[Your assignment] Filter the entries and keep only the lines where the string "Option" appears.

───

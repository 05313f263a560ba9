-- ===== src/CeskSet/Change.antt =====
-- src/cesk/cesk_set.c: replacing an element, merging sets and their tags, and comparing sets.
use adam.Base.{
  ℕ, Bool, true, false, not, ◌&&◌, ◌||◌, Option, none, some, List, [], ◌∷◌, ◌==◌, if◌then◌else◌,
  bit_xor,
}
use adam.Base.State.{◌>>=◌, ◌>>◌, pure, get_state, deref}
use adam.Address.{addr_null, is_reloc}
use adam.TagSet
use adam.CeskSet.{
  key, Element, Info, Sets, M, hash_find, hash_insert, hash_remove, find_info, set_info,
  modify_state, on_tags, tag_hash, empty_hash, addr_code,
}
use adam.CeskSet.Methods.{
  Handle, invalid, count_up, count_down, unshare, prepare_to_write, push_element, size, hashcode,
  iterate, contain,
}

-- The list from the element behind the one with the address on.
unfoldable pub behind : ℕ → List Element → List Element
behind a [] = []
behind a (e ∷ es) = let rest = behind a es in if e.addr == a then es else rest

unfoldable pub without : ℕ → List Element → List Element
without a [] = []
without a (e ∷ es) = let rest = without a es in if e.addr == a then es else e ∷ rest

unfoldable pub find_element : ℕ → List Element → Option Element
find_element a [] = none
find_element a (e ∷ es) = let rest = find_element a es in if e.addr == a then some e else rest

abbrev pub unlink_head : List Element → List Element
unlink_head [] = []
unlink_head (e ∷ es) = record e { linked = false } ∷ es

-- The node is taken off the list: behind its `prev`, or as if it were the first one. `none`: the
-- node is not on the list any more, and its pointers may lead to freed memory.
unfoldable pub unlink : ℕ → List Element → Option (List Element)
unfolding behind without find_element
unlink a es = elim (find_element a es) [
  | none ↦ none
  | some e ↦ some (if e.linked then without a es else unlink_head (behind a es))
]

unfoldable pub rename : ℕ → ℕ → List Element → List Element
rename a b [] = []
rename a b (e ∷ es) =
    let rest = rename a b es in if e.addr == a then record e { addr = b } ∷ es else e ∷ rest

-- The count of relocated addresses after `from` became `to`.
abbrev pub move_reloc : ℕ → ℕ → ℕ → ℕ
move_reloc from to n =
    if is_reloc from then count_down (not (is_reloc to)) n else count_up (is_reloc to) n

-- `to` is in the set already: the node of `from` is deleted.
unfoldable pub delete_node : ℕ → Info → ℕ → ℕ → M (Unit {0})
unfolding unlink addr_code
delete_node idx i from to = do
  es ← deref (unlink from i.first)
  modify_state (
      set_info idx (
        some (record i {
          reloc = move_reloc from to i.reloc;
          hashcode = bit_xor i.hashcode (addr_code from);
          first = es;
        })))

-- The node of `from` is moved to the place of `to`.
unfoldable pub move_node : ℕ → Info → ℕ → ℕ → Sets → Sets
unfolding hash_insert rename addr_code
move_node idx i from to s =
    set_info idx
      (some (record i {
        reloc = move_reloc from to i.reloc;
        hashcode = bit_xor i.hashcode (bit_xor (addr_code from) (addr_code to));
        first = rename from to i.first;
      }))
      (hash_insert (key idx to) s)

-- The node of `from` is off its chain already.
unfoldable pub replace_node : ℕ → Info → ℕ → ℕ → M (Unit {0})
unfolding hash_find delete_node move_node
replace_node idx i from to s = elim (hash_find s (key idx to)) [
  | true ↦ delete_node idx i from to s
  | false ↦ some (tt, move_node idx i from to s)
]

unfoldable pub modify_element : ℕ → Info → ℕ → ℕ → M (Bool × Handle)
unfolding hash_find hash_remove replace_node
modify_element idx i from to s = elim (hash_find s (key idx from)) [
  | false ↦ some ((true, some idx), s)
  | true ↦
      (do
        modify_state (hash_remove (key idx from))
        replace_node idx i from to
        pure (true, some idx))
        s
]

unfoldable pub modify : Handle → ℕ → ℕ → M (Bool × Handle)
unfolding prepare_to_write modify_element
modify none from to = pure (from == to, none)
modify (some idx) from to =
    if from == to
    then pure (true, some idx)
    else if (from == addr_null) || (to == addr_null) || (idx == invalid)
    then pure (false, some idx)
    else prepare_to_write idx (λ dest i. modify_element dest i from to)

-- The loop of `cesk_set_merge` over the elements of the other set.
unfoldable pub push_all : ℕ → List Element → Sets → Option Sets
unfolding push_element
push_all dest [] s = some s
push_all dest (e ∷ es) s = elim (s.info dest) [
  | none ↦ none
  | some i ↦ push_all dest es (push_element dest i e.addr s)
]

abbrev pub joined : Option Sets → M (Unit {0})
joined none s = none
joined (some t) s = some (tt, t)

-- The new tags of a set, of which the hash leaves out those it had; NULL if they could not be made.
unfoldable pub put_tags : ℕ → ℕ → M Bool
unfolding tag_hash TagSet.free
put_tags dest tags = elim (tags == 0) [
  | true ↦ pure false
  | false ↦ do
    s ← get_state
    i ← deref (s.info dest)
    on_tags (TagSet.free i.tags)
    h ← tag_hash tags
    modify_state (set_info dest (some (record i { tags = tags; hashcode = bit_xor i.hashcode h })))
    pure true
]

-- The hash of the tags is taken out of the hash of the set.
unfoldable pub drop_tag_hash : ℕ → M ℕ
unfolding tag_hash
drop_tag_hash dest = do
  s ← get_state
  i ← deref (s.info dest)
  h ← tag_hash i.tags
  modify_state (set_info dest (some (record i { hashcode = bit_xor i.hashcode h })))
  pure i.tags

-- `_cesk_set_prepare_merge`, with what follows it on the two info entries.
unfoldable pub prepare_merge : ℕ → ℕ → (ℕ → Info → M Bool) → M (Bool × Handle)
unfolding find_info unshare
prepare_merge dest sour k =
    if (dest == invalid) || (sour == invalid) then pure (false, some dest) else do
      s ← get_state
      elim (find_info s dest) [
        | none ↦ pure (false, some dest)
        | some i ↦ elim (find_info s sour) [
          | none ↦ pure (false, some dest)
          | some j ↦ do new ← unshare dest i; rc ← k new j; pure (rc, some new)
        ]
      ]

-- `fresh` is what `malloc` returns for the new tag set.
unfoldable pub merge : ℕ → Handle → Handle → M (Bool × Handle)
unfolding prepare_merge push_all drop_tag_hash put_tags TagSet.merge
merge fresh none sour = pure (false, none)
merge fresh (some dest) none = pure (false, some dest)
merge fresh (some dest) (some sour) = prepare_merge dest sour (λ new j. do
  s ← get_state
  joined (push_all new j.first s)
  old ← drop_tag_hash new
  tags ← on_tags (TagSet.merge fresh j.tags old)
  put_tags new tags)

unfoldable pub merge_tags : ℕ → Handle → Handle → M (Bool × Handle)
unfolding prepare_merge drop_tag_hash put_tags TagSet.merge
merge_tags fresh none sour = pure (false, none)
merge_tags fresh (some dest) none = pure (false, some dest)
merge_tags fresh (some dest) (some sour) = prepare_merge dest sour (λ new j. do
  old ← drop_tag_hash new
  tags ← on_tags (TagSet.merge fresh old j.tags)
  put_tags new tags)

-- The old tags are given up; the hash is left as it is.
unfoldable pub assign_tags : Handle → ℕ → M (Bool × Handle)
unfolding prepare_to_write TagSet.free
assign_tags none tags = pure (false, none)
assign_tags (some idx) tags =
    if tags == 0
    then pure (false, some idx)
    else prepare_to_write idx (λ dest i. do
      on_tags (TagSet.free i.tags)
      modify_state (set_info dest (some (record i { tags = tags })))
      pure (true, some dest))

unfoldable pub hash_elements : ℕ → List ℕ → ℕ
unfolding addr_code
hash_elements h [] = h
hash_elements h (a ∷ more) = hash_elements (bit_xor h (addr_code a)) more

unfoldable pub compute_hashcode : Handle → M ℕ
unfolding find_info iterate hash_elements tag_hash
compute_hashcode none = pure 0
compute_hashcode (some idx) = do
  s ← get_state
  elim (find_info s idx) [
    | none ↦ pure 0
    | some i ↦ do h ← tag_hash i.tags; pure (bit_xor (hash_elements empty_hash (iterate i.first)) h)
  ]

-- Are all the addresses in the set?
unfoldable pub contain_all : Sets → ℕ → List ℕ → Bool
unfolding contain
contain_all s idx [] = true
contain_all s idx (a ∷ more) = let rest = contain_all s idx more in contain s (some idx) a && rest

-- The comparison once sizes and hashes agree; `none` as a result is -1.
unfoldable pub equal_sets : ℕ → ℕ → M (Option Bool)
unfolding find_info contain_all iterate TagSet.equal
equal_sets first second = do
  s ← get_state
  elim (find_info s first) [
    | none ↦ pure none
    | some i ↦ elim (find_info s second) [
      | none ↦ pure none
      | some j ↦ do
        rc ← on_tags (TagSet.equal i.tags j.tags)
        elim rc [
          | none ↦ pure none
          | some false ↦ pure (some false)
          | some true ↦ pure (some (contain_all s second (iterate i.first)))
        ]
    ]
  ]

unfoldable pub equal : Handle → Handle → M (Option Bool)
unfolding hashcode size equal_sets
equal none none = pure (some true)
equal none (some b) = pure (some false)
equal (some a) none = pure (some false)
equal (some a) (some b) = do
  s ← get_state
  h ← hashcode (some a)
  k ← hashcode (some b)
  if (h == k) && (size s (some a) == size s (some b)) then equal_sets a b else pure (some false)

───

[Output for this exercise]
  ℕ, Bool, true, false, not, ◌&&◌, ◌||◌, Option, none, some, List, [], ◌∷◌, ◌==◌, if◌then◌else◌,
unfoldable pub find_element : ℕ → List Element → Option Element
unfoldable pub unlink : ℕ → List Element → Option (List Element)
unfoldable pub push_all : ℕ → List Element → Sets → Option Sets
abbrev pub joined : Option Sets → M (Unit {0})
unfoldable pub equal_sets : ℕ → ℕ → M (Option Bool)
unfoldable pub equal : Handle → Handle → M (Option Bool)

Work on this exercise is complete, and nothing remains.